Working with the state, the Nature Conservancy marked off a triangle test plot of water where it was urging divers to focus their energy. Cissel's group included college students from Humboldt, and Santa Rosa math teacher Jim LaFrance. 

"Our local dive shop set up this dive, and has a group of us out here," LaFrance said slipping into his wetsuit. "And I thought it’d be a fun way to get in the water and also help a little research." 

In other parts of the coast, the state allows individuals to remove up to 40 gallons of purple urchins at a time. But Caspar Cove is the only place where divers can summarily smash them in place. McHugh said the smashing may seem harsh to some, but the result mirrors the natural cycle of life playing out beneath the ocean surface.

"So crushing is one option," McHugh said, "because you’re leaving that carbon source in the water, you’re almost acting as a marine predator." 

While purple urchin are the main target of the culling, divers are trained to avoid smashing red urchin which are a prized gourmet seafood. Because the purple urchin have devastated their main food source, their shells are mostly empty and devoid of the highly prized gonad, or uni. 

Recreational diver Rory Bourdage, a student at Cal Poly Humboldt, slipped on his scuba gear and into the cove's waters, diving toward the triangle target marked with pink buoys.
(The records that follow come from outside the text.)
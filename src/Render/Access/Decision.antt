-- ===== src/Render/Access/Decision.antt =====
-- What the rendered routes do with a request, against an independent description of the access rules.
use edge_caddy.Prelude.{
  Bool, true, false, not, ◌&&◌, List, [], ◌∷◌, ◌++◌, ◌≡◌, refl, sym, ap, ◌∙◌, if◌then◌else◌,
  Bool-cases, inl, inr, All,
}
use edge_caddy.Render.Go.{Go}
use edge_caddy.Render.Resources.{Rule, Route}
use edge_caddy.Render.Caddy.{Handler, abort, CaddyRoute, Caddy}
use edge_caddy.Render.Access.Applied.{rules_of-All}
use edge_caddy.Render.Access.{
  Options, with_defaults, block_handler, deny_route, proxy_handlers, proxy_route, rules_of,
  deny_routes, routes_loop, fallback, caddy_routes,
}
use edge_caddy.Render.Access.Spec.{HasKnownFilters, IsRenderable, rules_admit, route_admits, decide}
use edge_caddy.Render.Access.Denials.{blocked_or, append_assoc, serve-deny_routes, serve-deny_route}

module _ (go : Go) (caddy : Caddy) where
  serve-proxy_route :
      (opt : Options) (r : Route) (rules : List Rule) (rest : List CaddyRoute) (q : caddy.Request)
      → caddy.serve (proxy_route go opt r rules ∷ rest) q ≡ (
          if caddy.host_matches r.domain q
          then proxy_handlers go opt r rules
          else caddy.serve rest q)
  unfolding proxy_route
  serve-proxy_route opt r rules rest q = elim (Bool-cases (caddy.host_matches r.domain q)) [
    | inl hit ↦
        rw hit (caddy.serve-terminal _ rest q (rw (caddy.holds-host r.domain q, hit) refl) refl)
    | inr miss ↦
        rw miss (caddy.serve-unmatched _ rest q (rw (caddy.holds-host r.domain q, miss) refl))
  ]

  serve-fallback : (q : caddy.Request) → caddy.serve (fallback go ∷ []) q ≡ abort ∷ []
  serve-fallback q = caddy.serve-terminal (fallback go) [] q refl refl

  -- The blocks of a route and its own handlers, in order, come to one decision.
  one_decision :
      (r : Route) (h a b : Bool) (handlers later : List Handler)
      → blocked_or go caddy r
          (h && not a)
          (blocked_or go caddy r (h && not b) (if h then handlers else later))
        ≡ (if h then (if a && b then handlers else block_handler r.block_mode ∷ []) else later)
  one_decision r true true true handlers later = refl
  one_decision r true true false handlers later = refl
  one_decision r true false b handlers later = refl
  one_decision r false a b handlers later = refl

  serve-one_route :
      (opt : Options) (r : Route) (applied : List Rule) (rest : List CaddyRoute) (q : caddy.Request)
      → All (HasKnownFilters go) applied
      → caddy.serve
          ((deny_routes go r applied ++ (deny_route go r ++ (proxy_route go opt r applied ∷ [])))
            ++ rest)
          q
        ≡ (if caddy.host_matches r.domain q
            then if rules_admit go caddy applied q && route_admits go caddy r q
              then proxy_handlers go opt r applied
              else block_handler r.block_mode ∷ []
            else caddy.serve rest q)
  serve-one_route opt r applied rest q known =
      let proxy = proxy_route go opt r applied ∷ [] in
      let h = caddy.host_matches r.domain q in
      ap (λ l. caddy.serve l q)
        (append_assoc go caddy (deny_routes go r applied) (deny_route go r ++ proxy) rest)
      ∙ serve-deny_routes go caddy r applied ((deny_route go r ++ proxy) ++ rest) q known
      ∙ ap (blocked_or go caddy r (h && not (rules_admit go caddy applied q))) (
          ap (λ l. caddy.serve l q) (append_assoc go caddy (deny_route go r) proxy rest)
          ∙ serve-deny_route go caddy r (proxy ++ rest) q
          ∙ ap (blocked_or go caddy r (h && not (route_admits go caddy r q)))
              (serve-proxy_route opt r applied rest q))
      ∙ one_decision r h (rules_admit go caddy applied q) (route_admits go caddy r q)
          (proxy_handlers go opt r applied) (caddy.serve rest q)

  routes_loop_split :
      (opt : Options) (rules : List Rule) (r : Route) (rs : List Route)
      → routes_loop go opt rules (r ∷ rs) ++ fallback go ∷ []
        ≡ (deny_routes go r (rules_of go r.domain rules)
            ++ (deny_route go r ++ (proxy_route go opt r (rules_of go r.domain rules) ∷ [])))
          ++ (routes_loop go opt rules rs ++ fallback go ∷ [])
  unfolding routes_loop
  routes_loop_split opt rules r rs =
      let d = deny_routes go r (rules_of go r.domain rules) in
      let w = deny_route go r in
      let p = proxy_route go opt r (rules_of go r.domain rules) in
      let later = routes_loop go opt rules rs in
      let end = fallback go ∷ [] in
      append_assoc go caddy d (w ++ p ∷ later) end
      ∙ ap (λ l. d ++ l) (append_assoc go caddy w (p ∷ later) end)
      ∙ ap (λ l. d ++ l) (sym (append_assoc go caddy w (p ∷ []) (later ++ end)))
      ∙ sym (append_assoc go caddy d (w ++ p ∷ []) (later ++ end))

  serve-routes_loop :
      (opt : Options) (rules : List Rule) (rs : List Route) (q : caddy.Request)
      → All (IsRenderable go) rules
      → caddy.serve (routes_loop go opt rules rs ++ fallback go ∷ []) q
        ≡ decide go caddy opt rules rs q
  serve-routes_loop opt rules [] q known = unfold routes_loop in serve-fallback q
  serve-routes_loop opt rules (r ∷ rs) q known =
      ap (λ l. caddy.serve l q) (routes_loop_split opt rules r rs)
      ∙ serve-one_route opt r (rules_of go r.domain rules)
          (routes_loop go opt rules rs ++ fallback go ∷ []) q
          (rules_of-All go (HasKnownFilters go) r.domain rules known)
      ∙ rw (serve-routes_loop opt rules rs q known) refl

  -- A request that Caddy serves with the rendered routes goes where the access rules send it: to the
  -- first route, by domain, that its host belongs to. If the rules bound to the domain and the
  -- whitelist let the request through, it runs through the handlers of the route, and otherwise it
  -- is blocked in the route's way; a request for no known host is cut off.
  pub serve-caddy_routes :
      (opt : Options) (routes : List Route) (rules : List Rule) (q : caddy.Request)
      → All (IsRenderable go) (go.sort_rules rules)
      → caddy.serve (caddy_routes go opt routes rules) q
        ≡ decide go caddy (with_defaults opt) (go.sort_rules rules) (go.sort_routes routes) q
  unfolding caddy_routes
  serve-caddy_routes opt routes rules q known =
      serve-routes_loop (with_defaults opt) (go.sort_rules rules) (go.sort_routes routes) q known
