-- ===== src/Render/Config/Serves.antt =====
-- What the servers of a rendered configuration do with a request.
use edge_caddy.Prelude.{
  Bool, true, false, Option, none, some, List, [], ◌∷◌, ◌++◌, ◌≡◌, refl, subst, ap, ◌∙◌,
}
use edge_caddy.Render.Go.{Go}
use edge_caddy.Render.Resources.{Cert, Rule, Route}
use edge_caddy.Render.Caddy.{Handler, CaddyRoute, Caddy}
use edge_caddy.Render.Validate.{Issue, validate}
use edge_caddy.Render.Validate.Fresh.{append-[]}
use edge_caddy.Render.Validate.Sound.{validate-IsRenderable}
use edge_caddy.Render.Access.{Options, with_defaults, caddy_routes}
use edge_caddy.Render.Access.Spec.{decide}
use edge_caddy.Render.Access.Decision.{serve-caddy_routes}
use edge_caddy.Render.Policy.{Policies, ahead_of, response_header_handler, with_headers}
use edge_caddy.Render.Config.{
  Server, Config, Rendered, invalid, rendered, unless_invalid, render, tls_server, edge_server,
}

abbrev pub to_list : Option Handler → List Handler
to_list none = []
to_list (some h) = h ∷ []

module _ (go : Go) (caddy : Caddy) where
  serve-with_headers :
      (routes : List CaddyRoute) (pol : Policies) (tls : Bool) (q : caddy.Request)
      → caddy.serve (with_headers routes pol tls) q
        ≡ to_list (response_header_handler pol tls) ++ caddy.serve routes q
  unfolding with_headers
  serve-with_headers routes pol tls q = ahead (response_header_handler pol tls)
    where
      ahead :
          (h : Option Handler)
          → caddy.serve (ahead_of h routes) q ≡ to_list h ++ caddy.serve routes q
      ahead none = refl
      ahead (some h) = caddy.serve-passing _ routes q refl refl

  -- What a server does with a request: the policy's headers, and then what the access rules decide.
  abbrev pub treat :
      Options → List Route → List Rule → Policies → Bool → caddy.Request → List Handler
  treat opt routes rules pol tls q =
      to_list (response_header_handler pol tls)
      ++ decide go caddy (with_defaults opt) (go.sort_rules rules) (go.sort_routes routes) q

  serve-routes :
      (opt : Options) (routes : List Route) (rules : List Rule) (pol : Policies) (tls : Bool)
      (q : caddy.Request)
      → validate go routes rules ≡ []
      → caddy.serve (with_headers (caddy_routes go opt routes rules) pol tls) q
        ≡ treat opt routes rules pol tls q
  serve-routes opt routes rules pol tls q clean =
      serve-with_headers (caddy_routes go opt routes rules) pol tls q
      ∙ ap (λ l. to_list (response_header_handler pol tls) ++ l)
          (serve-caddy_routes go caddy opt routes rules q
            (validate-IsRenderable go routes rules clean))

  -- A server that is there serves the request as described.
  abbrev pub Serves : Option Server → caddy.Request → List Handler → Type 0
  Serves none q handlers = Unit
  Serves (some s) q handlers = caddy.serve s.routes q ≡ handlers

  -- The configuration that `render` makes.
  unless_invalid-rendered :
      (issues : List Issue) (made cfg : Config)
      → unless_invalid go issues made ≡ rendered cfg
      → (issues ≡ []) × (made ≡ cfg)
  unless_invalid-rendered [] made cfg done = (refl, ap (config_or made) done)
    where
      config_or : Config → Rendered → Config
      config_or c (invalid is) = c
      config_or c (rendered d) = d
  unless_invalid-rendered (i ∷ is) made cfg done = cc

  tls_server-Serves :
      (opt : Options) (certs : List Cert) (routes : List CaddyRoute) (pol : Policies)
      (q : caddy.Request) (handlers : List Handler)
      → caddy.serve (with_headers routes pol true) q ≡ handlers
      → Serves (tls_server go opt certs routes pol) q handlers
  unfolding tls_server
  tls_server-Serves opt [] routes pol q handlers served = tt
  tls_server-Serves opt (_ ∷ _) routes pol q handlers served = served

  -- If the resources and the policies render to a configuration, then each of its servers does with a
  -- request what the access rules decide, behind the policy's response headers for that server: the
  -- first route, by domain, that the host belongs to lets the request through to its handlers or
  -- blocks it in its own way, and a request for no known host is cut off.
  pub render-Serves :
      (routes : List Route) (rules : List Rule) (certs : List Cert) (pol : Policies) (opt : Options)
      (cfg : Config) (q : caddy.Request)
      → render go routes rules certs pol opt ≡ rendered cfg
      → Serves (some cfg.edge) q (treat opt routes rules pol false q)
        × Serves cfg.edge_tls q (treat opt routes rules pol true q)
  unfolding render edge_server
  render-Serves routes rules certs pol opt cfg q done =
      let parts = unless_invalid-rendered _ _ cfg done in
      let clean = (append-[] _ _ parts.0).0 in
      subst
        (λ c.
          Serves (some c.edge) q (treat opt routes rules pol false q)
          × Serves c.edge_tls q (treat opt routes rules pol true q))
        parts.1
        (
          serve-routes opt routes rules pol false q clean,
          tls_server-Serves opt certs _ pol q _ (serve-routes opt routes rules pol true q clean),
        )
Bourdage used a rock to smash the urchins, leaving their empty, shattered carcasses behind him as he combed the jagged rocks. 
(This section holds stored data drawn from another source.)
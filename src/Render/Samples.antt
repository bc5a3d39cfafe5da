-- ===== src/Render/Samples.antt =====
-- The renderer on concrete resources.
use edge_caddy.Prelude.{
  ◌*◌, Bool, true, false, not, String, str_eq, none, some, List, [], ◌∷◌, ◌++◌, ◌≡◌, refl,
  if◌then◌else◌, has, All,
}
use edge_caddy.Prelude.Int.{pos}
use edge_caddy.Render.Go.{Go}
use edge_caddy.Render.Resources.{Cert, RuleSpec, Rule, Route}
use edge_caddy.Render.Caddy.{
  Condition, host, remote_ip, not_remote_ip, Handler, abort, status_response, forward_auth,
  request_body, encode_gzip, reverse_proxy, CaddyRoute, matched, Caddy,
}
use edge_caddy.Render.Access.{
  Options, with_defaults, block_handler, normalize_ranges, filter_condition, proxy_handlers,
  rules_of, caddy_routes,
}
use edge_caddy.Render.Access.Spec.{decide}
use edge_caddy.Render.Policy.{
  default_tls_policy, default_log_policy, Policies, validate_policies, logging_app,
}
use edge_caddy.Render.Config.{Config, edge_server, tls_server, render}
use edge_caddy.Render.Config.Switch.{with_http3, http3_ignored}
use edge_caddy.Render.Config.Serves.{treat, Serves, render-Serves}
use edge_caddy.Render.Validate.{validate, domains_of}
use edge_caddy.Render.Validate.Fresh.{IsUnique}
use edge_caddy.Render.Validate.SoundRoutes.{IsSoundRoute}
use edge_caddy.Render.Validate.SoundRules.{live, ids_of, IsSoundRule}
use edge_caddy.Render.Validate.Sound.{validate-IsSound}

-- Go's library on these resources: the texts are as they are wanted.
abbrev pub sample_go : Go
sample_go = record {
  trim_space = λ s. s;
  contains_slash = λ s. has s ("10.0.0.0/8" ∷ []);
  parse_ip = λ s. if has s ("10.0.0.1" ∷ "10.0.0.2" ∷ []) then some true else none;
  parses_cidr = λ s. str_eq s "10.0.0.0/8";
  split_host_port = λ s. if str_eq s "origin:80" then some ("origin", "80") else none;
  atoi = λ s. if str_eq s "80" then some (pos 80) else none;
  is_domain = λ s. has s ("a.example" ∷ "b.example" ∷ []);
  compiles = λ s. true;
  quote_meta = λ s. s;
  body_max_groups = λ s. if str_eq s "5MB" then some ("5", "MB") else none;
  trim_b = λ s. if str_eq s "MB" then "M" else s;
  scaled = λ s n. if str_eq s "5" then some (5 * n) else none;
  sort_certs = λ cs. cs;
  sort_routes = λ rs. rs;
  sort_rules = λ rs. rs;
  sort_rules-All = λ P rules all. all;
}

-- A request by its host and the address that it comes from.
pub record Visit : Type 0 where
  pub domain : String
  pub address : String

abbrev visit_holds : Condition → Visit → Bool
visit_holds (host ds) q = has q.domain ds
visit_holds (remote_ip rs) q = has q.address rs
visit_holds (not_remote_ip rs) q = not (has q.address rs)
visit_holds _ q = false

abbrev serve_visit : List CaddyRoute → Visit → List Handler
serve_visit [] q = []
serve_visit (r ∷ rs) q =
    let rest = serve_visit rs q in
    if matched visit_holds r.match_sets q
    then if r.terminal then r.handle else r.handle ++ rest
    else rest

-- A Caddy that knows hosts and addresses.
abbrev sample_caddy : Caddy
sample_caddy = record {
  Request = Visit;
  holds = visit_holds;
  serve = serve_visit;
  host_matches = λ d q. has q.domain (d ∷ []);
  in_ranges = λ rs q. has q.address rs;
  holds-host = λ d q. refl;
  holds-remote_ip = λ rs q. refl;
  holds-not_remote_ip = λ rs q. refl;
  serve-unmatched = unmatched;
  serve-terminal = terminal;
  serve-passing = passing;
}
  where
    choose : Bool → Bool → List Handler → List Handler → List Handler
    choose m t now rest = if m then if t then now else now ++ rest else rest

    unmatched :
        (r : CaddyRoute) (rs : List CaddyRoute) (q : Visit)
        → matched visit_holds r.match_sets q ≡ false
        → serve_visit (r ∷ rs) q ≡ serve_visit rs q
    unmatched r rs q miss = rw miss refl

    terminal :
        (r : CaddyRoute) (rs : List CaddyRoute) (q : Visit)
        → matched visit_holds r.match_sets q ≡ true
        → r.terminal ≡ true
        → serve_visit (r ∷ rs) q ≡ r.handle
    terminal r rs q hit last = rw hit (simp last refl)

    passing :
        (r : CaddyRoute) (rs : List CaddyRoute) (q : Visit)
        → matched visit_holds r.match_sets q ≡ true
        → r.terminal ≡ false
        → serve_visit (r ∷ rs) q ≡ r.handle ++ serve_visit rs q
    passing r rs q hit more = rw hit (simp more refl)

abbrev route_a : Route
route_a = record {
  domain = "a.example";
  upstream = "origin:80";
  block_mode = "403";
  mtls = false;
  compress = true;
  body_max = "5MB";
  whitelist = "10.0.0.1" ∷ "10.0.0.2" ∷ [];
}

abbrev pub route_b : Route
route_b = record route_a { domain = "b.example"; whitelist = []; compress = false }

abbrev no_spec : RuleSpec
no_spec = record {
  ips = [];
  header = "";
  algo = "";
  ttl_seconds = pos 0;
  replay_protection = false;
  issuer = "";
  audience = "";
  jwks_url = "";
  skew_seconds = pos 0;
  filters = [];
  requests = pos 0;
  window_seconds = pos 0;
  rate_key = "";
  geo_mode = "";
  geo_countries = [];
}

abbrev blacklist : Rule
blacklist = record {
  id = "block";
  kind = "ip_blacklist";
  enabled = true;
  apply_to = "a.example" ∷ [];
  spec = record no_spec { ips = "10.0.0.2" ∷ [] };
  secret = "";
}

abbrev pub signed_rule : Rule
signed_rule = record blacklist {
  id = "signed";
  kind = "service_secret";
  apply_to = "a.example" ∷ "b.example" ∷ [];
  spec = record no_spec { header = "X-Signature"; ttl_seconds = pos 60; replay_protection = true };
  secret = "key";
}

abbrev filters : Rule
filters = record blacklist {
  id = "agents";
  kind = "request_filter";
  spec = record no_spec {
    filters = record { field = "user_agent"; name = ""; op = "contains"; value = "bot" } ∷ [];
  };
}

abbrev pub sample_routes : List Route
sample_routes = route_a ∷ route_b ∷ []

abbrev pub sample_rules : List Rule
sample_rules = blacklist ∷ signed_rule ∷ filters ∷ []

abbrev pub sample_options : Options
sample_options = record {
  http_listen = "";
  https_listen = "";
  upstream_client_cert = "/cert";
  upstream_client_key = "/key";
  verify_addr = "";
  log_dir = "";
}

abbrev sample_policies : Policies
sample_policies = record { tls = default_tls_policy; log = default_log_policy }

abbrev sample_certs : List Cert
sample_certs = record { domain = "a.example"; cert_pem = "cert"; key_pem = "key" } ∷ []

abbrev sample_config : Config
sample_config =
    let all = caddy_routes sample_go sample_options sample_routes sample_rules in
    record {
      edge = edge_server sample_go sample_options all sample_policies;
      edge_tls = tls_server sample_go sample_options sample_certs all sample_policies;
      logging = logging_app sample_policies (with_defaults sample_options).log_dir;
      load_pem = sample_certs;
    }

abbrev friend : Visit
friend = record { domain = "a.example"; address = "10.0.0.1/32" }

abbrev blocked : Visit
blocked = record { domain = "a.example"; address = "10.0.0.2/32" }

abbrev stranger : Visit
stranger = record { domain = "c.example"; address = "10.0.0.1/32" }

abbrev decided : Visit → List Handler
decided = decide sample_go sample_caddy (with_defaults sample_options) sample_rules sample_routes

decided_tests :
    (decided friend
      ≡ forward_auth "127.0.0.1:2020" "/verify/signed"
        ∷ request_body 5242880
        ∷ encode_gzip
        ∷ reverse_proxy "origin:80" none
        ∷ [])
    × ((decided blocked ≡ status_response 403 ∷ []) × (decided stranger ≡ abort ∷ []))
unfolding rules_of normalize_ranges filter_condition block_handler proxy_handlers with_defaults
decided_tests = (refl, (refl, refl))

sample_valid : validate sample_go sample_routes sample_rules ≡ []
unfolding validate
sample_valid = refl

validate-IsSound_example :
    IsUnique (domains_of sample_go sample_routes)
    × (All (IsSoundRoute sample_go) sample_routes
        × (IsUnique (ids_of sample_go (live sample_go sample_rules))
            × All
                (IsSoundRule sample_go (domains_of sample_go sample_routes))
                (live sample_go sample_rules)))
validate-IsSound_example = validate-IsSound sample_go sample_routes sample_rules sample_valid

render-Serves_example :
    Serves sample_go sample_caddy (some sample_config.edge) friend (
      treat sample_go sample_caddy sample_options sample_routes sample_rules sample_policies false
        friend)
    × Serves sample_go sample_caddy sample_config.edge_tls friend (
        treat sample_go sample_caddy sample_options sample_routes sample_rules sample_policies true
          friend)
render-Serves_example =
    render-Serves sample_go sample_caddy sample_routes sample_rules sample_certs sample_policies
      sample_options sample_config friend (unfold render validate_policies validate in refl)

http3_ignored_example :
    render sample_go sample_routes sample_rules sample_certs
      (with_http3 false sample_policies)
      sample_options
    ≡ render sample_go sample_routes sample_rules sample_certs sample_policies sample_options
http3_ignored_example =
    http3_ignored sample_go sample_routes sample_rules sample_certs sample_policies sample_options
      false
"It’s all to help the kelp forest at the end of the day," Bourdage said later, "and eventually that’s going to help everything else, including us." 

The Nature Conservancy is monitoring the test plot to see if the smashing will help the kelp return. The volunteer divers are asked to fill out a form so the conservancy can keep track of who was there and how many purple urchin they removed. Divers are required to have a recreational fishing permit. 

After just under an hour underwater, LaFrance returned to the beach -- estimating he'd crushed more than 200 purple urchins. 

"I had a little hammer and just hammering away," he said, "so doing the best we can." 

For Cissel, the effort was personal -- as he hopes the effort will bring back the kelp and ultimately the abalone fishery. 

"This cove would have been full of kelp a handful of years ago," Cissel said, "and so that’s what we're trying, we’re trying to get the kelp a chance to grow back."